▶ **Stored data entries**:
════════════════════

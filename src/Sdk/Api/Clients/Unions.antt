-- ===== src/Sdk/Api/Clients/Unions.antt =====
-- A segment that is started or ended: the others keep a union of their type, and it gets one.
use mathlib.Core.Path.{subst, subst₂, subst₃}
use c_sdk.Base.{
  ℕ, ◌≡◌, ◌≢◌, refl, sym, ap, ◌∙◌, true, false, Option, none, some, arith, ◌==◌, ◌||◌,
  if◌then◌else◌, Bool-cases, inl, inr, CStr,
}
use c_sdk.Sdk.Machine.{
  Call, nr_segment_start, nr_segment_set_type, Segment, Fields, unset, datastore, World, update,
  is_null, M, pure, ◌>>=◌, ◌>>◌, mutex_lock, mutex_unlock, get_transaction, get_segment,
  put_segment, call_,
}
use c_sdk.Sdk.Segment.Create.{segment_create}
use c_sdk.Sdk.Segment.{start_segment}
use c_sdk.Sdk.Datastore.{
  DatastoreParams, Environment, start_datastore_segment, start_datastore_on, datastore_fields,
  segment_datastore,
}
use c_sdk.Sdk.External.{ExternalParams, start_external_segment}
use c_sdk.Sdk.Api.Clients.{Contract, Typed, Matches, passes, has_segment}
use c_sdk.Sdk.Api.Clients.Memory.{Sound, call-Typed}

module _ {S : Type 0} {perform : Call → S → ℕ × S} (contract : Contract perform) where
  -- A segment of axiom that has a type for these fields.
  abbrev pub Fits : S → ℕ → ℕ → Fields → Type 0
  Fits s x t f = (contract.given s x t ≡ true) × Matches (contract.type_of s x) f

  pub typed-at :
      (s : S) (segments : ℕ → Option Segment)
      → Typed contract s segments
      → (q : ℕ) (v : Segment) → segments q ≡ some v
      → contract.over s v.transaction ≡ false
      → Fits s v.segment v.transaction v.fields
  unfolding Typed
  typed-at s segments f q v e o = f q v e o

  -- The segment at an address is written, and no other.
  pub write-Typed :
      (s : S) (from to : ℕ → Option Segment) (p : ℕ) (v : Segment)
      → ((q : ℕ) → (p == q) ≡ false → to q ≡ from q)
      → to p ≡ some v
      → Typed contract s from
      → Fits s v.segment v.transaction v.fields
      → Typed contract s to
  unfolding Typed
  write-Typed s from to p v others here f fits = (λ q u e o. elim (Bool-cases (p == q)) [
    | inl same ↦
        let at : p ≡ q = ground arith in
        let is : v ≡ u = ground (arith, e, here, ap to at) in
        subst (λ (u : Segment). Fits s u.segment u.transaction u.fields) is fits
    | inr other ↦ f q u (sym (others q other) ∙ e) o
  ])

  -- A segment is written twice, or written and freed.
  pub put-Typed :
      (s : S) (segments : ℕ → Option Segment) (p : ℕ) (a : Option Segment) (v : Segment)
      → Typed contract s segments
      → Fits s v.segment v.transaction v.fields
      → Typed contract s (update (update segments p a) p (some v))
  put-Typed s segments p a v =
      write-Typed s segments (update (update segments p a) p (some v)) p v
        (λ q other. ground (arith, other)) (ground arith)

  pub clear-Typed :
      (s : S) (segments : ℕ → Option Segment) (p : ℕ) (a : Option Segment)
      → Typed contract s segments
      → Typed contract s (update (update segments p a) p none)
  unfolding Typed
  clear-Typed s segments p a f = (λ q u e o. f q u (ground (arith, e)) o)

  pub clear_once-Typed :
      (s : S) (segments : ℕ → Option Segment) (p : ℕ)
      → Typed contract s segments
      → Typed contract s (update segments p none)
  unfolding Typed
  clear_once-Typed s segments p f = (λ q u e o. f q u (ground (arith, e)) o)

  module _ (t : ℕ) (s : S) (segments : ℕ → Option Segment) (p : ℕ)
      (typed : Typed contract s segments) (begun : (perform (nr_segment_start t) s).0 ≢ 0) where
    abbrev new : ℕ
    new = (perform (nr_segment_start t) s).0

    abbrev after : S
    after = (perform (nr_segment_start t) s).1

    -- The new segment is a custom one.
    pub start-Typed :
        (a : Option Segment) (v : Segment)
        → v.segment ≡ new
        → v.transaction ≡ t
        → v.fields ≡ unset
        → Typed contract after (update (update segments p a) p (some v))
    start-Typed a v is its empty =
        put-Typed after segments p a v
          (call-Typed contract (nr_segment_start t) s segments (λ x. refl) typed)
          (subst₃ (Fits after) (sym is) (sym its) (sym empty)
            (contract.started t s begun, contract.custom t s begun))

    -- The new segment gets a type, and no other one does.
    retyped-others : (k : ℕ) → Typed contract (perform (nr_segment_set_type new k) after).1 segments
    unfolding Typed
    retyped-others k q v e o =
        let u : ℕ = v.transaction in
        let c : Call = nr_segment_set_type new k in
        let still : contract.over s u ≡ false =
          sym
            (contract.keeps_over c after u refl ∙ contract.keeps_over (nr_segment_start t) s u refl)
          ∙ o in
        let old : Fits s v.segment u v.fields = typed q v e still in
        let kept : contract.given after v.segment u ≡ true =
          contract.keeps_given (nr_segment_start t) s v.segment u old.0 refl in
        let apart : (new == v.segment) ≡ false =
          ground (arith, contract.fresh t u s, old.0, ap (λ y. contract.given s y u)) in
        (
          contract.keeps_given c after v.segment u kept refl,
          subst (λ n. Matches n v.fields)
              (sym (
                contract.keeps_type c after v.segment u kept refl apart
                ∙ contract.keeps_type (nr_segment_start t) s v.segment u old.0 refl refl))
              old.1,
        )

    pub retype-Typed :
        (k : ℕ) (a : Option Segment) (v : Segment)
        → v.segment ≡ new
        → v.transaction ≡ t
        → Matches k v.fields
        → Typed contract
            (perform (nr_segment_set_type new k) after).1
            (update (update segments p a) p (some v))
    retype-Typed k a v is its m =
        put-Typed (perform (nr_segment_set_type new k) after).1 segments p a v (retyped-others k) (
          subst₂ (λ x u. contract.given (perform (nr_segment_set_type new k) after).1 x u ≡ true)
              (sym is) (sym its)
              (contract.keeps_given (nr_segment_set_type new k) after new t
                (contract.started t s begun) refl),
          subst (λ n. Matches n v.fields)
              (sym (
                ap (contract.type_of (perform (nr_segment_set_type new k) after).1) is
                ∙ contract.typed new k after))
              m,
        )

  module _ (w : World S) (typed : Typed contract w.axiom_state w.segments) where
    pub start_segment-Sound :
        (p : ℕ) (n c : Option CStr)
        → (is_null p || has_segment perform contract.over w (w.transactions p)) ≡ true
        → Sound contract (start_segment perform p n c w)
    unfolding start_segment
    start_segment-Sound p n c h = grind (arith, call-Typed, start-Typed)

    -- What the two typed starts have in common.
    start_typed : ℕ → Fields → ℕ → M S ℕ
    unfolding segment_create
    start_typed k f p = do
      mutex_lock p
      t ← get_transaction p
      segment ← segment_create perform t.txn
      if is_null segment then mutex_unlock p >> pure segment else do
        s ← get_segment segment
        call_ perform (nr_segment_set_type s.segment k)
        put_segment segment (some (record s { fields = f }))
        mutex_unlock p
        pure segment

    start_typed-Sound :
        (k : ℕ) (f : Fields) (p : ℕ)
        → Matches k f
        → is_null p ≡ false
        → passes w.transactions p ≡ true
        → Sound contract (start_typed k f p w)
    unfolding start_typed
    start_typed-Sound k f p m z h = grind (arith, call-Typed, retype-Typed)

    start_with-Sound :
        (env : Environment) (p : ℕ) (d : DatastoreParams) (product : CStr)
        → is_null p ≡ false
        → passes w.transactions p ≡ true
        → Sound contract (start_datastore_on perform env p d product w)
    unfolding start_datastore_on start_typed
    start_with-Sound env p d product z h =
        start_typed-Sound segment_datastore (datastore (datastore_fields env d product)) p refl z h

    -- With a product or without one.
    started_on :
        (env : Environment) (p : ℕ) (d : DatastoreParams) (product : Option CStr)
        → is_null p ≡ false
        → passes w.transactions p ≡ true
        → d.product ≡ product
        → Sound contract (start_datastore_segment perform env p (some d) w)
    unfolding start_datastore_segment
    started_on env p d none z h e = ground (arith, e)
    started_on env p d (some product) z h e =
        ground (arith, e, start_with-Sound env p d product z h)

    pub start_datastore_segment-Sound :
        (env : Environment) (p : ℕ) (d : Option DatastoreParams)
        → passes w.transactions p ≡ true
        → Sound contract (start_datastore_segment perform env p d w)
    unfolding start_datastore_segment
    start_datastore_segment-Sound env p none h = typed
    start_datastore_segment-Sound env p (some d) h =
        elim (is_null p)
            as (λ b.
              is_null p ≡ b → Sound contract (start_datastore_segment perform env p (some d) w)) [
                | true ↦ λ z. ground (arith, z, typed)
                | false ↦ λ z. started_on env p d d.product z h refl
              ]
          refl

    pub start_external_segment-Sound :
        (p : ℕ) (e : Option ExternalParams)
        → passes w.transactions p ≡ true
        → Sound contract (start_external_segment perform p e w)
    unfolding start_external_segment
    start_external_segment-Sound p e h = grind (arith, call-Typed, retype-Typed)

════════════════════

Find the line with "let c : Call" in the entries above. Retype it and each line after it, exactly, through the line with "(p : ℕ) (n c : Option CStr)", and stop there.

▶ **Result**:
        let c : Call = nr_segment_set_type new k in
        let still : contract.over s u ≡ false =
          sym
            (contract.keeps_over c after u refl ∙ contract.keeps_over (nr_segment_start t) s u refl)
          ∙ o in
        let old : Fits s v.segment u v.fields = typed q v e still in
        let kept : contract.given after v.segment u ≡ true =
          contract.keeps_given (nr_segment_start t) s v.segment u old.0 refl in
        let apart : (new == v.segment) ≡ false =
          ground (arith, contract.fresh t u s, old.0, ap (λ y. contract.given s y u)) in
        (
          contract.keeps_given c after v.segment u kept refl,
          subst (λ n. Matches n v.fields)
              (sym (
                contract.keeps_type c after v.segment u kept refl apart
                ∙ contract.keeps_type (nr_segment_start t) s v.segment u old.0 refl refl))
              old.1,
        )

    pub retype-Typed :
        (k : ℕ) (a : Option Segment) (v : Segment)
        → v.segment ≡ new
        → v.transaction ≡ t
        → Matches k v.fields
        → Typed contract
            (perform (nr_segment_set_type new k) after).1
            (update (update segments p a) p (some v))
    retype-Typed k a v is its m =
        put-Typed (perform (nr_segment_set_type new k) after).1 segments p a v (retyped-others k) (
          subst₂ (λ x u. contract.given (perform (nr_segment_set_type new k) after).1 x u ≡ true)
              (sym is) (sym its)
              (contract.keeps_given (nr_segment_set_type new k) after new t
                (contract.started t s begun) refl),
          subst (λ n. Matches n v.fields)
              (sym (
                ap (contract.type_of (perform (nr_segment_set_type new k) after).1) is
                ∙ contract.typed new k after))
              m,
        )

  module _ (w : World S) (typed : Typed contract w.axiom_state w.segments) where
    pub start_segment-Sound :
        (p : ℕ) (n c : Option CStr)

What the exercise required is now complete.